Sheldon Silver, a Democratic power broker in New York City who was convicted of pocketing $4.5 million while he served as Speaker of the State Assembly, has died at 77 years old.
Sheldon Silver, a New York power broker and State Assemblyman who was widely considered the most powerful man in Albany for decades, has died after serving three years of an eight-year prison sentence.
Sheldon Silver, the former New York Assembly Speaker who was one of the most prominent characters in state government for two decades until being convicted of corruption, died in federal jail. He was 77 years old at the time.
Mr. Silver died on Monday, according to a source close to the situation. The individual was unable to speak publicly about the situation and talked to AP on the condition of anonymity.
The Manhattan Democrat had been serving a more than six-year term in federal prison after telling a court that he hoped he wouldn’t die in jail.
He was found guilty of abusing his position in state government to assist real estate developers, who rewarded him with lucrative business referrals to his legal company.
His supporters claim he was lately in poor condition and at risk of developing Covid-19. In May, he was furloughed for a few days before being refused house detention by federal officials.
Mr. Silver’s conviction brought an end to a nearly four-decade legislative career. In 1976, he was elected to represent Manhattan’s Lower East Side for the first time. He was a superb practitioner of Albany’s inner game, despite cutting a low-key figure in the hallways of the state Capitol, meticulously parsing out statements in a baritone murmur.
In 1994, he was elected Speaker of the Assembly, a strong post that placed him on an equal footing with the governor and state Senate leader when it came to making important choices concerning yearly budgets and significant legislation.

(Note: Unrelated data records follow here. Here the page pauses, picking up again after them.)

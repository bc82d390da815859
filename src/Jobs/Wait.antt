-- ===== src/Jobs/Wait.antt =====
-- src/jobs.c: dowait, what a status that wait gives does to the jobs.
pub mod Status
pub mod Kept
use gwsh.Base.{
  ℕ, zero, suc, ◌+◌, ◌≡◌, ◌≢◌, ◌∙◌, refl, sym, ap, subst, Bool, true, false, not, ◌&&◌, ◌||◌,
  Option, none, some, List, [], ◌∷◌, ◌==◌, if◌then◌else◌, if_cases, if_split, Bool-cases, inl, inr,
  ==_iff, ◌≤◌, arith,
}
use gwsh.Jobs.{
  Procstat, Job, Jobs, JobState, job_running, job_stopped, job_done, Mode, cur_stopped, cur_delete,
  is_done, job_at, change_job, set_curjob,
}
use gwsh.Jobs.Order.{is_used, count, one_if}
use gwsh.Jobs.Table.{used_at, IsOrdered, Holds, used_counted, set_curjob-IsOrdered}

-- The variables of the loop over the processes: what they are now, stopstatus, state, and whether the
-- process is one of them.
pub record Scan : Type 0 where
  pub ps : List Procstat
  pub stopstatus : ℕ
  pub state : JobState
  pub hit : Bool

abbrev pub is_running : JobState → Bool
is_running job_running = true
is_running _ = false

abbrev pub with_status : ℕ → ℕ → Procstat → Procstat
with_status pid status sp = if sp.pid == pid then record sp { status = some status } else sp

abbrev pub stopped_or : Bool → ℕ → JobState → ℕ → JobState × ℕ
stopped_or stopped status state stopstatus =
    if stopped then (job_stopped, status) else (state, stopstatus)

-- The state and stopstatus behind a process; `stops` is WIFSTOPPED.
abbrev pub next_state : (ℕ → Bool) → Option ℕ → JobState → ℕ → JobState × ℕ
next_state stops none state stopstatus = (job_running, stopstatus)
next_state stops (some status) state stopstatus =
    if is_running state
    then (state, stopstatus)
    else stopped_or (stops status) status state stopstatus

unfoldable pub scan : (ℕ → Bool) → ℕ → ℕ → List Procstat → ℕ → JobState → Bool → Scan
scan stops pid status [] stopstatus state hit = record {
  ps = [];
  stopstatus = stopstatus;
  state = state;
  hit = hit;
}
scan stops pid status (sp ∷ rest) stopstatus state hit =
    let sp' : Procstat = with_status pid status sp in
    let next : JobState × ℕ = next_state stops sp'.status state stopstatus in
    let last : Scan = scan stops pid status rest next.1 next.0 (hit || sp.pid == pid) in
    record last { ps = sp' ∷ last.ps }

abbrev pub same_state : JobState → JobState → Bool
same_state job_running job_running = true
same_state job_stopped job_stopped = true
same_state job_done job_done = true
same_state _ _ = false

-- gotjob
abbrev pub got_job : ℕ → JobState → Job → Jobs → Option Jobs
got_job jp job_running job st = some st
got_job jp state job st =
    if same_state job.state state
    then some (record st { jobtab = change_job jp (λ j. record j { changed = true }) st.jobtab })
    else (let st' = record st {
      jobtab = change_job jp (λ j. record j { changed = true; state = state }) st.jobtab;
    } in
        if same_state state job_stopped then set_curjob jp cur_stopped st' else some st')

abbrev pub put_scan : Scan → Job → Job
put_scan s j = record j { ps = s.ps; stopstatus = s.stopstatus }

-- The loop over the jobs.
unfoldable pub wait_each : (ℕ → Bool) → ℕ → ℕ → List ℕ → Jobs → Option Jobs
unfolding job_at change_job scan set_curjob
wait_each stops pid status [] st = some st
wait_each stops pid status (jp ∷ order) st = elim (job_at jp st.jobtab) as (λ _. Option Jobs) [
  | none ↦ none
  | some job ↦
      let s : Scan = scan stops pid status job.ps job.stopstatus job_done false in
      let st' : Jobs = record st { jobtab = change_job jp (put_scan s) st.jobtab } in
      let skipped : Option Jobs = wait_each stops pid status order st in
      let missed : Option Jobs = wait_each stops pid status order st' in
      if is_done job.state then skipped else if s.hit then got_job jp s.state job st' else missed
]

-- What dowait does with the process and the status that waitproc gives.
unfoldable pub dowait : (ℕ → Bool) → ℕ → ℕ → Jobs → Option Jobs
unfolding wait_each
dowait stops pid status st = wait_each stops pid status st.order st
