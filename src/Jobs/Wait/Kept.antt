-- ===== src/Jobs/Wait/Kept.antt =====
-- dowait keeps the list of the jobs in order.
use gwsh.Base.{
  ℕ, zero, suc, ◌+◌, ◌≡◌, ◌∙◌, refl, sym, ap, subst, Bool, true, false, Option, none, some, List,
  [], ◌∷◌, if◌then◌else◌, if_split, ==_iff, ◌≤◌, arith,
}
use gwsh.Jobs.{
  Job, Jobs, JobState, job_running, job_stopped, job_done, cur_stopped, is_done, job_at, change_job,
}
use gwsh.Jobs.Order.{is_used, count, one_if}
use gwsh.Jobs.Table.{used_at, IsOrdered, Holds, used_counted, set_curjob-IsOrdered}
use gwsh.Jobs.Wait.{Scan, scan, same_state, got_job, put_scan, wait_each, dowait}

change_job-used :
    (k i : ℕ) (f : Job → Job) (jobs : List Job)
    → ((jp : Job) → (f jp).used ≡ jp.used)
    → is_used (job_at k (change_job i f jobs)) ≡ is_used (job_at k jobs)
unfolding job_at change_job
change_job-used k i f [] h = refl
change_job-used zero zero f (jp ∷ jobs) h = h jp
change_job-used (suc k) zero f (jp ∷ jobs) h = refl
change_job-used zero (suc i) f (jp ∷ jobs) h = refl
change_job-used (suc k) (suc i) f (jp ∷ jobs) h = change_job-used k i f jobs h

IsOrdered-change :
    (i : ℕ) (f : Job → Job) (st : Jobs)
    → ((jp : Job) → (f jp).used ≡ jp.used)
    → IsOrdered st
    → IsOrdered (record st { jobtab = change_job i f st.jobtab })
IsOrdered-change i f st h is k = is k ∙ ap one_if (sym (change_job-used k i f st.jobtab h))

got_job-IsOrdered :
    (jp : ℕ) (state : JobState) (job : Job) (st : Jobs)
    → IsOrdered st
    → used_at jp st ≡ true
    → Holds IsOrdered (got_job jp state job st)
got_job-IsOrdered jp job_running job st is used = is
got_job-IsOrdered jp job_stopped job st is used =
    if_split (Holds IsOrdered) (same_state job.state job_stopped)
      (IsOrdered-change jp (λ j. record j { changed = true }) st (λ _. refl) is)
      (set_curjob-IsOrdered jp cur_stopped
        (record st {
          jobtab = change_job jp (λ j. record j { changed = true; state = job_stopped }) st.jobtab;
        })
        (λ e. absurd cc)
        (IsOrdered-change jp (λ j. record j { changed = true; state = job_stopped }) st (λ _. refl)
          is)
        (change_job-used jp jp (λ j. record j { changed = true; state = job_stopped }) st.jobtab
            (λ _. refl)
          ∙ used))
got_job-IsOrdered jp job_done job st is used =
    if_split (Holds IsOrdered) (same_state job.state job_done)
      (IsOrdered-change jp (λ j. record j { changed = true }) st (λ _. refl) is)
      (IsOrdered-change jp (λ j. record j { changed = true; state = job_done }) st (λ _. refl) is)

wait_each-IsOrdered :
    (stops : ℕ → Bool) (pid status : ℕ) (order : List ℕ) (st : Jobs)
    → IsOrdered st
    → ((k : ℕ) → 1 ≤ count k order → used_at k st ≡ true)
    → Holds IsOrdered (wait_each stops pid status order st)
unfolding wait_each
wait_each-IsOrdered stops pid status [] st is all = is
wait_each-IsOrdered stops pid status (jp ∷ order) st is all =
    let used =
      all jp
        (subst (λ b. 1 ≤ one_if b + count jp order) (sym ((==_iff jp jp).1 refl)) (omega arith)) in
    let later : (k : ℕ) → 1 ≤ count k order → used_at k st ≡ true =
      λ k h. all k (omega (arith, h)) in
    (elim (job_at jp st.jobtab)
        as (λ o.
          is_used o ≡ true
          → Holds IsOrdered (elim o as (λ _. Option Jobs) [
            | none ↦ none
            | some job ↦
                let s : Scan = scan stops pid status job.ps job.stopstatus job_done false in
                let st' : Jobs = record st { jobtab = change_job jp (put_scan s) st.jobtab } in
                if is_done job.state
                then wait_each stops pid status order st
                else if s.hit
                then got_job jp s.state job st'
                else wait_each stops pid status order st'
          ])) [
            | none ↦ λ h. absurd cc
            | some job ↦ λ h.
                let s : Scan = scan stops pid status job.ps job.stopstatus job_done false in
                let st' : Jobs = record st { jobtab = change_job jp (put_scan s) st.jobtab } in
                let is' : IsOrdered st' = IsOrdered-change jp (put_scan s) st (λ _. refl) is in
                if_split (Holds IsOrdered) (is_done job.state)
                  (wait_each-IsOrdered stops pid status order st is later)
                  (if_split (Holds IsOrdered) s.hit
                    (got_job-IsOrdered jp s.state job st' is'
                      (change_job-used jp jp (put_scan s) st.jobtab (λ _. refl) ∙ used))
                    (wait_each-IsOrdered stops pid status order st' is'
                      λ k h. change_job-used k jp (put_scan s) st.jobtab (λ _. refl) ∙ later k h))
          ])
      used

-- A status that wait gives leaves the list of the jobs in order: each job that is used stands in it once,
-- and no other, and no link is read by a null pointer.
pub dowait-IsOrdered :
    (stops : ℕ → Bool) (pid status : ℕ) (st : Jobs)
    → IsOrdered st
    → Holds IsOrdered (dowait stops pid status st)
unfolding dowait
dowait-IsOrdered stops pid status st is =
    wait_each-IsOrdered stops pid status st.order st is (λ k h. used_counted k st is h)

Mr. Silver served as speaker for five different governors in New York, from Mario Cuomo through Andrew Cuomo.
Sheldon Silver, the Speaker of the Assembly, speaks during a news conference in Albany in 2003.
Tim Roske/ASSOCIATED PRESS photo
After surviving a coup attempt early in his term, he honed his horse-trading skills to achieve school funding, tenants rights legislation, and other Assembly Democrats-favored initiatives. Mr. Silver, an Orthodox Jew, was notorious for keeping the Sabbath even during the marathon negotiations that preceded yearly budget deadlines and legislative sessions.
He eventually became a symbol of Albany’s much-maligned opaque governing style and, as a result, a target of federal prosecutors.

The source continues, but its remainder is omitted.